:: DATA IN THIS EXERCISE ::

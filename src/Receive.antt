-- ===== src/Receive.antt =====
-- The receive cycle of a process queue: src/main/cpp/rocketmq/AsyncReceiveMessageCallback.cpp.
-- A handler takes what its weak pointers lock to, and returns the queue and what it asks of others.
pub mod Cycle
pub mod PullOffset
use rocketmq_client_cpp.Prelude.{
  ℕ, Bool, true, false, Option, none, some, List, [], ◌∷◌, ◌++◌, map, if◌then◌else◌,
}
use rocketmq_client_cpp.Types.{Message, ReceiveMessageAction, polling, pull}
use rocketmq_client_cpp.Queue.{
  Consumer, ProcessQueue, cache_messages, should_throttle, sync_idle_state,
}
use rocketmq_client_cpp.Rpc.Wrap.{
  ReceiveMessageStatus, ReceiveResult, ok_status, data_corrupted_status, out_of_range_status,
  deadline_exceeded_status, internal_status, resource_exhausted_status, not_found_status,
}
use rocketmq_client_cpp.Rpc.{internal}

pub record ReceiveConsumer : Type 0 where
  pub quota : Consumer
  pub active : Bool
  pub receive_message_action : ReceiveMessageAction

-- `receive_later` schedules `checkThrottleThenReceive` in a second; `receive_immediately` is
-- `receiveMessage` of the consumer on the queue; `ack` is the one of a message that is filtered out.
pub data Effect : Type 0 where
  ack : Message → Effect
  signal_dispatcher receive_later receive_immediately abort : Effect

abbrev pub Outcome : Type 0
Outcome = Option ProcessQueue × List Effect

abbrev pub quota_of : Option ReceiveConsumer → Option Consumer
quota_of none = none
quota_of (some c) = some c.quota

-- Without a consumer an immediate receive does nothing.
immediately : Option ReceiveConsumer → List Effect
immediately none = []
immediately (some c) = receive_immediately ∷ []

unfoldable pub check_throttle_then_receive :
    ℕ → Option ProcessQueue → Option ReceiveConsumer → Outcome
unfolding immediately
check_throttle_then_receive now none c = (none, [])
check_throttle_then_receive now (some q) c =
    if should_throttle (quota_of c) q
    then (some (sync_idle_state now q), receive_later ∷ [])
    else (some q, immediately c)

-- Effects first, then `checkThrottleThenReceive`.
unfoldable pub then_receive : ℕ → ProcessQueue → ReceiveConsumer → List Effect → Outcome
then_receive now q c effects =
    let (q', next) = check_throttle_then_receive now (some q) (some c) in (q', effects ++ next)

abbrev pub to_offset : ℕ → ProcessQueue → ProcessQueue
to_offset o q = record q { next_offset = o }

unfoldable pub cache_then_signal :
    ReceiveConsumer → List Message → ProcessQueue → ProcessQueue × List Effect
cache_then_signal c ms q =
    let (q', acked) = cache_messages (some c.quota) ms q in
    (q', map ack acked ++ signal_dispatcher ∷ [])

abbrev move_offset : ReceiveMessageAction → ℕ → ProcessQueue → ProcessQueue
move_offset polling o q = q
move_offset pull o q = to_offset o q

on_found : ℕ → ReceiveConsumer → ReceiveResult → ProcessQueue → Outcome
on_found now c r q =
    let (q', effects) = cache_then_signal c r.messages q in
    then_receive now (move_offset c.receive_message_action r.next_offset q') c effects

on_corrupted : ℕ → ReceiveMessageAction → ReceiveConsumer → ReceiveResult → ProcessQueue → Outcome
on_corrupted now polling c r q =
    let (q', effects) = cache_then_signal c r.messages q in then_receive now q' c effects
on_corrupted now pull c r q = then_receive now q c []

on_out_of_range :
    ℕ → ReceiveMessageAction → ReceiveConsumer → ReceiveResult → ProcessQueue → Outcome
on_out_of_range now polling c r q = (some q, abort ∷ [])
on_out_of_range now pull c r q = then_receive now (to_offset r.next_offset q) c []

on_status : ℕ → ReceiveMessageStatus → ReceiveConsumer → ReceiveResult → ProcessQueue → Outcome
unfolding on_found on_corrupted on_out_of_range
on_status now ok_status c r q = on_found now c r q
on_status now data_corrupted_status c r q = on_corrupted now c.receive_message_action c r q
on_status now out_of_range_status c r q = on_out_of_range now c.receive_message_action c r q
on_status now deadline_exceeded_status c r q = then_receive now q c []
on_status now internal_status c r q = (some q, receive_later ∷ [])
on_status now resource_exhausted_status c r q = (some q, receive_later ∷ [])
on_status now not_found_status c r q = (some q, receive_later ∷ [])

-- The consumer is used unchecked: where it is gone, the call of `active` aborts.
unfoldable pub on_success :
    ℕ → Option ProcessQueue → Option ReceiveConsumer → ReceiveResult → Outcome
unfolding on_status
on_success now none c r = (none, [])
on_success now (some q) none r = (some q, abort ∷ [])
on_success now (some q) (some c) r = if c.active then on_status now r.status c r q else (some q, [])

unfoldable pub on_failure : Option ProcessQueue → Outcome
on_failure none = (none, [])
on_failure (some q) = (some q, receive_later ∷ [])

:: WORK TO BE COMPLETED ::
Set down again, word for word, the stretch of records from the line with "move_offset pull o q = to_offset o q" to the line with "on_status : ℕ", both of those lines included.

:: EXPECTED OUTPUT ::
move_offset pull o q = to_offset o q

on_found : ℕ → ReceiveConsumer → ReceiveResult → ProcessQueue → Outcome
on_found now c r q =
    let (q', effects) = cache_then_signal c r.messages q in
    then_receive now (move_offset c.receive_message_action r.next_offset q') c effects

on_corrupted : ℕ → ReceiveMessageAction → ReceiveConsumer → ReceiveResult → ProcessQueue → Outcome
on_corrupted now polling c r q =
    let (q', effects) = cache_then_signal c r.messages q in then_receive now q' c effects
on_corrupted now pull c r q = then_receive now q c []

on_out_of_range :
    ℕ → ReceiveMessageAction → ReceiveConsumer → ReceiveResult → ProcessQueue → Outcome
on_out_of_range now polling c r q = (some q, abort ∷ [])
on_out_of_range now pull c r q = then_receive now (to_offset r.next_offset q) c []

on_status : ℕ → ReceiveMessageStatus → ReceiveConsumer → ReceiveResult → ProcessQueue → Outcome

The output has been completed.